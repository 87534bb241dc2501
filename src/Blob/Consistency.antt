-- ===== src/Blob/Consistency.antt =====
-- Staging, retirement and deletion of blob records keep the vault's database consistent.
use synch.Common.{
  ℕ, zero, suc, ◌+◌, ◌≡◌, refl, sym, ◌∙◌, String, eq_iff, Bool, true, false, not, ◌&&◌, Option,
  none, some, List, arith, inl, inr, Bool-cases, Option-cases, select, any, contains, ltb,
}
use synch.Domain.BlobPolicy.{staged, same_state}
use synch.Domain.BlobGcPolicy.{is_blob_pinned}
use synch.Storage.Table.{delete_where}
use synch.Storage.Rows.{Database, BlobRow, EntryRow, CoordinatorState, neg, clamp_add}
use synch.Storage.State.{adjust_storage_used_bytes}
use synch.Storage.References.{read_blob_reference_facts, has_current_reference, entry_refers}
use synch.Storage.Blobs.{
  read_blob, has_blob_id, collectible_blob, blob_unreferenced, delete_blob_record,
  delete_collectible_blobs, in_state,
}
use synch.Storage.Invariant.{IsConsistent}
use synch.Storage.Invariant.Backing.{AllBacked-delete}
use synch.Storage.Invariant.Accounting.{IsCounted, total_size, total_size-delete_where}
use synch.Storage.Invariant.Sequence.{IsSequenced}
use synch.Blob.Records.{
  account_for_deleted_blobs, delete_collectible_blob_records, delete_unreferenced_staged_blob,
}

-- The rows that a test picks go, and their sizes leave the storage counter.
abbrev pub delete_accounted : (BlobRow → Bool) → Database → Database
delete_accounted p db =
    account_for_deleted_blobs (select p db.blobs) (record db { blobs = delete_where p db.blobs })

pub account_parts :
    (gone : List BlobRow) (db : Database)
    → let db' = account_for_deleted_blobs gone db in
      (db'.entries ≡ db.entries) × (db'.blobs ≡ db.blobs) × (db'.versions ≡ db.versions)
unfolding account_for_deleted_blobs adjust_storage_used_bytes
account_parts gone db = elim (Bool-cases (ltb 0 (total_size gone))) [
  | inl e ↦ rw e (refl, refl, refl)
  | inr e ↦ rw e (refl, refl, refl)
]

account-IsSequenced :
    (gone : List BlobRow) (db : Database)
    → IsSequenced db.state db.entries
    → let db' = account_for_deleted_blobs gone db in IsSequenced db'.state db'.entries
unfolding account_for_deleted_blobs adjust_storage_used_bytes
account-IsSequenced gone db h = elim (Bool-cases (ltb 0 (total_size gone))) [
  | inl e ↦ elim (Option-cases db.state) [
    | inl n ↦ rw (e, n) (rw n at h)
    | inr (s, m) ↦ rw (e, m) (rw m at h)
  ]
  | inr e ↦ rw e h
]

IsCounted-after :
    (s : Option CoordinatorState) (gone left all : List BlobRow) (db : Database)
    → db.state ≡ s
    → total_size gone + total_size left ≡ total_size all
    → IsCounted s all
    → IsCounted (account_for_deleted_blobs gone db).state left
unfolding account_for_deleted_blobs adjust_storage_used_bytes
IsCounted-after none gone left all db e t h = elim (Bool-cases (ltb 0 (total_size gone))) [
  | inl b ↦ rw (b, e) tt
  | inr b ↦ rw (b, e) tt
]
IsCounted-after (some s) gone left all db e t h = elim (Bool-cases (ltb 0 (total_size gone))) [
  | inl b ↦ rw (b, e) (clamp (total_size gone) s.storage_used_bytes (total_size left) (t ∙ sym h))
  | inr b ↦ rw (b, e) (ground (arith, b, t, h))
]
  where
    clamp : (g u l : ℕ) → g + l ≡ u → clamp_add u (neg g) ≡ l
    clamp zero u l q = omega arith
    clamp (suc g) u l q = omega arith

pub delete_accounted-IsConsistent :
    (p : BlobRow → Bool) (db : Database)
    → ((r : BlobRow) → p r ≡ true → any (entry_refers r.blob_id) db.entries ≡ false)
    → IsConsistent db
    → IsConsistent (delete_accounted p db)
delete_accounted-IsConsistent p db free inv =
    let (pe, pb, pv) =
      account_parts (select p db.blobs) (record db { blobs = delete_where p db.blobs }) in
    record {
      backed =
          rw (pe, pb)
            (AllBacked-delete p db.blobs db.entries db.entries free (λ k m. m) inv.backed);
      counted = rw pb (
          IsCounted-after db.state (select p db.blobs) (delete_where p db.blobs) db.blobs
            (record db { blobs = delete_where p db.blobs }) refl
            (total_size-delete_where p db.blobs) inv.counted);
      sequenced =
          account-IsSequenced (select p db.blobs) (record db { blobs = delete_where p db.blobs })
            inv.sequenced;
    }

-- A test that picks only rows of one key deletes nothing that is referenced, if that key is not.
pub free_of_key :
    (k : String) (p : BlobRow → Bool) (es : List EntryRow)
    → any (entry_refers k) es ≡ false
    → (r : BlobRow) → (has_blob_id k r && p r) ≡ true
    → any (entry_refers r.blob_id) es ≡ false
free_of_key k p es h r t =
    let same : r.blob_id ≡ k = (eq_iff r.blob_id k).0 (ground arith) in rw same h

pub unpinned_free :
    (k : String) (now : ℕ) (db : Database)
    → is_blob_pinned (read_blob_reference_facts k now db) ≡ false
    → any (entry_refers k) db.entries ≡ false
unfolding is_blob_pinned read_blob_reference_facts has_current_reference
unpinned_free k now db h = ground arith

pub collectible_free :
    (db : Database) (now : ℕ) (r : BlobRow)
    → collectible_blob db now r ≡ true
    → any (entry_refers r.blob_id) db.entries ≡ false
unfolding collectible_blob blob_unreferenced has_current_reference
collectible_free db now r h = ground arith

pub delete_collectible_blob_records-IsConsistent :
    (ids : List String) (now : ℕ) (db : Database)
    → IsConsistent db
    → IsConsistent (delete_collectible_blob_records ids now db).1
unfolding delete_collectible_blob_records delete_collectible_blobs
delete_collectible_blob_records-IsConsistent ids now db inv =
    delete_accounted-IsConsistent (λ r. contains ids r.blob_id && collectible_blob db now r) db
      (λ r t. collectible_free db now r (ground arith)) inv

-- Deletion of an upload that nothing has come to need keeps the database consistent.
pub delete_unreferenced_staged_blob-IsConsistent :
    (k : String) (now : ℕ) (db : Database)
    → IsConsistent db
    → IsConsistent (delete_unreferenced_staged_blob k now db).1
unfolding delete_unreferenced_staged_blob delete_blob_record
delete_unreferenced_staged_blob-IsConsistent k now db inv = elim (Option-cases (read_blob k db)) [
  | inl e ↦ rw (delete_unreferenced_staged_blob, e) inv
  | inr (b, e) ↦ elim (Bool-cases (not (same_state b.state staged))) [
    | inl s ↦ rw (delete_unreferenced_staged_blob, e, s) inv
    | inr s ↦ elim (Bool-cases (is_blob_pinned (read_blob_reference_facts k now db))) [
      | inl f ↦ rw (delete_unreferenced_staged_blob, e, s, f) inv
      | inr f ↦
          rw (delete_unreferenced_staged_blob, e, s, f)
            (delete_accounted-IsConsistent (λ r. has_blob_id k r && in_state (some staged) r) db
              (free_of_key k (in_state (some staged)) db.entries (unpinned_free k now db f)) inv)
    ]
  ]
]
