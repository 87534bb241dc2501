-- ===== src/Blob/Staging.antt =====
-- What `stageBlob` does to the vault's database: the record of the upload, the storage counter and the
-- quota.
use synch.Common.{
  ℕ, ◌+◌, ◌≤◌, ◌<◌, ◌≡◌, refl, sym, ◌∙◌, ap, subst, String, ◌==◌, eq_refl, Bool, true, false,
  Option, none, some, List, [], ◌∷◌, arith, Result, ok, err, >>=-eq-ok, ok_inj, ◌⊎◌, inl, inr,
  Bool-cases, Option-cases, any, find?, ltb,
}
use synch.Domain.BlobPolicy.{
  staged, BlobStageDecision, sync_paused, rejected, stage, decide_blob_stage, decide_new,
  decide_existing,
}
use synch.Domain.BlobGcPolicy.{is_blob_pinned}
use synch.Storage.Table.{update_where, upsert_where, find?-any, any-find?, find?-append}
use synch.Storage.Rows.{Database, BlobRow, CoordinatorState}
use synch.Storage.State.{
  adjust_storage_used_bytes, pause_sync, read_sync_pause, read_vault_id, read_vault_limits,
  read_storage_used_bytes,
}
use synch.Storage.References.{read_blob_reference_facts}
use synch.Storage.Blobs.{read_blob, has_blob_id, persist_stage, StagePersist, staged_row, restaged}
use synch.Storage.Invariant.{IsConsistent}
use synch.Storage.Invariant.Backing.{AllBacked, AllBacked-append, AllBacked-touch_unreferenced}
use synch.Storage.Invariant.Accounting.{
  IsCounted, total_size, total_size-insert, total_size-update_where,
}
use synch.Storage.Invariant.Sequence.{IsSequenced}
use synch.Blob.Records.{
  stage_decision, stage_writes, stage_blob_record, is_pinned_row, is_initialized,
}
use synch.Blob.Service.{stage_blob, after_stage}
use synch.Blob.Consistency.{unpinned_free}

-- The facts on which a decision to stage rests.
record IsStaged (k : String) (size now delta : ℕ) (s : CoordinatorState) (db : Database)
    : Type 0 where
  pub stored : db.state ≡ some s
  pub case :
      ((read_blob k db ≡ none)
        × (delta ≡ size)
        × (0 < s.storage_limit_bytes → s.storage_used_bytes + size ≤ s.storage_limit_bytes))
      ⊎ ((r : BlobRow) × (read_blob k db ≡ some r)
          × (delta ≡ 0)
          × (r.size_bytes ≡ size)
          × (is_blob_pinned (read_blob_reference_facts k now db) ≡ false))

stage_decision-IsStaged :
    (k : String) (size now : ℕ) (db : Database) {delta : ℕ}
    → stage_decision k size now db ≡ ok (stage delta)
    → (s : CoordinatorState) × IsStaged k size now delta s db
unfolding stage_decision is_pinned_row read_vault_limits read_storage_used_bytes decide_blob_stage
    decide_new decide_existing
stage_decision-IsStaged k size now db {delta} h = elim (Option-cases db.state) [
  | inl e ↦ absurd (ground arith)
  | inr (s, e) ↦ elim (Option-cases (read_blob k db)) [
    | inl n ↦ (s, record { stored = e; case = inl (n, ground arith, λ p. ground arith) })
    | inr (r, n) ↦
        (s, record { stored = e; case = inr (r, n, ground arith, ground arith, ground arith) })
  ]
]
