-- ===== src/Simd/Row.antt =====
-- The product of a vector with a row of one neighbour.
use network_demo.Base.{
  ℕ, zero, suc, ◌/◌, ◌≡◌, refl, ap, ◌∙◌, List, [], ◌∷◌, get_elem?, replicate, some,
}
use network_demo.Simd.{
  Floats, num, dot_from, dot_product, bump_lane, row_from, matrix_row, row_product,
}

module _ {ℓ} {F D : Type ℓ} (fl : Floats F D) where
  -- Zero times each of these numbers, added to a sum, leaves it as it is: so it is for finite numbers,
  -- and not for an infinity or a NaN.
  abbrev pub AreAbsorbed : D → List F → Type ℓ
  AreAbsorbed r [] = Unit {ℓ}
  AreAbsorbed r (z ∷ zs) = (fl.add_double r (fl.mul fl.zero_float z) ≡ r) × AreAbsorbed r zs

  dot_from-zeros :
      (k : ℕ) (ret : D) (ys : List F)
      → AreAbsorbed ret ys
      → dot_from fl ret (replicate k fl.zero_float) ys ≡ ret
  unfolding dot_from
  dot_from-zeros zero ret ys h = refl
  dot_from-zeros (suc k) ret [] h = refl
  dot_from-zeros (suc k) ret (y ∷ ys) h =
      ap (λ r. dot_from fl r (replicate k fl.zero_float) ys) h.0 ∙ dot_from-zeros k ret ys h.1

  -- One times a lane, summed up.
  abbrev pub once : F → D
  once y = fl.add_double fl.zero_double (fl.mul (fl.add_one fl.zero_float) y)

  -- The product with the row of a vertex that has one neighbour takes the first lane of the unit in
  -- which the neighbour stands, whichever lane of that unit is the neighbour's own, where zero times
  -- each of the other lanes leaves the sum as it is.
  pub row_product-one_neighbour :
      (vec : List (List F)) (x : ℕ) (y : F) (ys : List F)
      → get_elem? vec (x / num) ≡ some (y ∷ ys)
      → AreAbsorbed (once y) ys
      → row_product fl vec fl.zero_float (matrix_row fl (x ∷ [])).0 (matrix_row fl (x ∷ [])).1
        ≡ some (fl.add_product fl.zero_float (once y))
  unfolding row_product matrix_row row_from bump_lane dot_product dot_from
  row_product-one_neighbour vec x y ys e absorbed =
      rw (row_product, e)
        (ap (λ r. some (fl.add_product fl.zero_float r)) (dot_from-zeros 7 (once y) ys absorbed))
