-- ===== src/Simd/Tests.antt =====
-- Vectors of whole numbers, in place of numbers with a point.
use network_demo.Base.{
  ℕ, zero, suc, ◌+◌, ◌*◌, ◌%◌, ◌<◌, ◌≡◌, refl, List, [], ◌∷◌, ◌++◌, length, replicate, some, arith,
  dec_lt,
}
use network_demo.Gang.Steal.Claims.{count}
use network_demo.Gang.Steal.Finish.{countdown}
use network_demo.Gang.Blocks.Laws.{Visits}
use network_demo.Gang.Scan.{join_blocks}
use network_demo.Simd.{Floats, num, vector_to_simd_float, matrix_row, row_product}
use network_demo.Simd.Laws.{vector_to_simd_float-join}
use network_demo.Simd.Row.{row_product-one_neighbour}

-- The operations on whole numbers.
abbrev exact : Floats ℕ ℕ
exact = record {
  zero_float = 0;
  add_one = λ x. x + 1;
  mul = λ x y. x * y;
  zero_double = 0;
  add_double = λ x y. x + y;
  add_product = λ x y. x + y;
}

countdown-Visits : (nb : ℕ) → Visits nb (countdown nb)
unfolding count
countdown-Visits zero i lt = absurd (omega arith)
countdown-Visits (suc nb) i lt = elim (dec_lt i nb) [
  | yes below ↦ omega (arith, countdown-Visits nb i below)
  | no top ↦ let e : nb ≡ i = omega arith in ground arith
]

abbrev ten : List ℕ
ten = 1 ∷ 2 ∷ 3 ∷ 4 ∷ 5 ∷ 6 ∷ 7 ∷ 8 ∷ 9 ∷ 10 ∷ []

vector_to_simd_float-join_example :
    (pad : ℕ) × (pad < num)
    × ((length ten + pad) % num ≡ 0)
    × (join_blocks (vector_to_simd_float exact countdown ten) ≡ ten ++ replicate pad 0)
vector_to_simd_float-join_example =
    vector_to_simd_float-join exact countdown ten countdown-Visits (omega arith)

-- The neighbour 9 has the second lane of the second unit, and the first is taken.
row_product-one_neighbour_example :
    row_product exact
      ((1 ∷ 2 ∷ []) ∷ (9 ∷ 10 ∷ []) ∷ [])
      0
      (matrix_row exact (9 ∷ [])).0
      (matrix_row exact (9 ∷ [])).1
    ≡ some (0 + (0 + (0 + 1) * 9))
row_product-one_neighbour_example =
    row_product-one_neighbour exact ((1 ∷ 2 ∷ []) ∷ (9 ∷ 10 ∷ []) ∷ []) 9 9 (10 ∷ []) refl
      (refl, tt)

THE TASK: Reproduce exactly the line that contains "(matrix_row exact (9 ∷ [])).0" together with each line after it to the end of the entries; include no other lines.

SOLUTION FOR THIS PROBLEM:
      (matrix_row exact (9 ∷ [])).0
      (matrix_row exact (9 ∷ [])).1
    ≡ some (0 + (0 + (0 + 1) * 9))
row_product-one_neighbour_example =
    row_product-one_neighbour exact ((1 ∷ 2 ∷ []) ∷ (9 ∷ 10 ∷ []) ∷ []) 9 9 (10 ∷ []) refl
      (refl, tt)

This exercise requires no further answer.